Von Thatcher und rechten Thinktanks in den USA inspiriert, drängte Tony Blair die staatliche Politik und die Einstellung der britischen Öffentlichkeit noch weiter in Richtung der Vorstellung, staatliche Wohlfahrtssysteme seien eher ein Problem als die Lösung. Über das letzte Jahrzehnt schredderten mehrere aufeinanderfolgende konservative Regierungen im Zuge ihrer „Sparpolitik“ skrupellos, was von den sozialen Sicherungssystemen geblieben war. Sie beschleunigten damit den Verfall Großbritanniens zu einem scheiternden – wenn nicht gar gescheiterten – Staat, der nicht einmal die Versorgung seines Krankenhauspersonals mit Schutzmasken und Handschuhen zu sichern vermag.

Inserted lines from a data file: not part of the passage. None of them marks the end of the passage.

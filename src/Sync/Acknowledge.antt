-- ===== src/Sync/Acknowledge.antt =====
-- mcp_sync_server/registry/control.rs: a session acknowledges a disconnect command.
use astesia.Base.{
  ℕ, String, str_eq, Bool, true, false, not, ◌&&◌, ◌==◌, Option, none, some, [], ◌∷◌, ltb, is_some,
  if◌then◌else◌,
}
use Prim.Native.String.{len}
use astesia.Base.Table.{nat_key, get, remove, update}
use astesia.Sync.{
  Uuid, session_key_key, ownership_key_key, OwnershipKey, McpUsePhase, QueuedControl,
  McpSyncContext,
}
use astesia.Sync.Operations.{owns_generation}
use astesia.Sync.Registry.{
  RegistryState, Reply, saturating_succ, success, failure, validate_connection_id, answer,
  remove_control,
}

module _ {R : Type 0} where
  -- The session disconnected: its entry goes, if it is still of the command's generation.
  unfoldable pub complete_control : OwnershipKey → ℕ → RegistryState R → RegistryState R
  complete_control owner generation s =
      if owns_generation (get owner s.entries) generation
      then record s { entries = remove owner s.entries }
      else s

  -- The session could not disconnect: its entry is in use again, and whether there is one.
  unfoldable pub reject_control :
      QueuedControl → ℕ → String → RegistryState R → RegistryState R × Bool
  reject_control queued generation message s = elim (get queued.owner s.entries) [
    | none ↦ (s, false)
    | some entry ↦
        if entry.generation == generation
        then (
          record s {
            entries =
                update queued.owner
                  (record entry {
                    phase =
                        if queued.was_connected
                        then McpUsePhase.connected
                        else McpUsePhase.acquired;
                    last_error = some message;
                  })
                  s.entries;
          },
          true,
        )
        else (s, false)
  ]

  unfoldable pub acknowledge : QueuedControl → Uuid → ℕ → Bool → String → RegistryState R → Reply R
  unfolding remove_control complete_control reject_control success
  acknowledge queued command_id generation ok message s =
      let t = remove_control command_id s in
      let done = complete_control queued.owner generation t in
      let (rejected, changed) = reject_control queued generation message t in
      if ok
      then record {
        state = record done { revision = saturating_succ done.revision };
        response = success (some generation) none;
        emit = true;
        resolved = command_id ∷ [];
      }
      else record {
        state =
            if changed
            then record rejected { revision = saturating_succ rejected.revision }
            else rejected;
        response = success (some generation) none;
        emit = changed;
        resolved = command_id ∷ [];
      }

-- The checks of an acknowledgement, in their order.
unfoldable pub invalid_result : Uuid → String → ℕ → Bool → Option String → Option String
unfolding validate_connection_id
invalid_result command_id connection_id generation ok error =
    if command_id == 0
    then some "MCP control command identifier must not be nil"
    else elim (validate_connection_id connection_id) [
      | some why ↦ some why
      | none ↦
          if generation == 0
          then some "MCP connection generation must be greater than zero"
          else if ok && is_some error
          then some "A successful MCP control result must not include an error"
          else if not ok && (elim error as (λ e. Bool) [ none ↦ true | some e ↦ str_eq e "" ])
          then some "A failed MCP control result must include an error"
          else if elim error as (λ e. Bool) [ none ↦ false | some e ↦ ltb 4096 (len e) ]
          then some "MCP control error must not exceed 4096 bytes"
          else none
    ]

-- Whether an acknowledgement is for the command.
unfoldable pub is_for : McpSyncContext → String → ℕ → QueuedControl → Bool
is_for context connection_id generation queued =
    (queued.owner.service_id == context.service_id)
    && ((queued.owner.session_id == context.session_id)
        && (str_eq queued.command.connection_id connection_id
            && (queued.command.generation == generation)))

module _ {R : Type 0} where
  unfoldable pub control_result :
      McpSyncContext → Uuid → String → ℕ → Bool → Option String → RegistryState R → Reply R
  unfolding invalid_result is_for acknowledge success failure
  control_result context command_id connection_id generation ok error s =
      elim (invalid_result command_id connection_id generation ok error) [
        | some why ↦ answer (failure why) s
        | none ↦ elim (get command_id s.controls) [
          | none ↦ answer (success (some generation) none) s
          | some queued ↦
              if is_for context connection_id generation queued
              then acknowledge queued command_id generation ok
                  (elim error [ none ↦ "MCP disconnect failed" | some message ↦ message ]) s
              else answer (failure "MCP control acknowledgement does not match the queued command")
                  s
        ]
      ]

In den USA wurde „Sozialhilfe“ durch Reagans Ausfälle gegen „Sozialhilfebetrüger“ („welfare queens“) zu einem Schimpfwort, danach geriet sie unter intensiven Beschuss durch Bill Clinton. Die chaotische Reaktion auf Hurrikan Katrina bewies, dass George W. Bush „sich nicht für Schwarze interessiert“, wie es der (heute umstrittene) Kanye West ausdrückte, während die Nachwirkungen der Finanzkrise zeigten, dass Barack Obama sehr darauf bedacht war, nicht den Eindruck zu erwecken, er interessiere sich allzu sehr für Schwarze. Der schwarze US-Präsident belehrte Afroamerikaner über individuelle Verantwortung, während er seine zukünftigen Zahlmeister an der Wall Street vor dem Ruin rettete.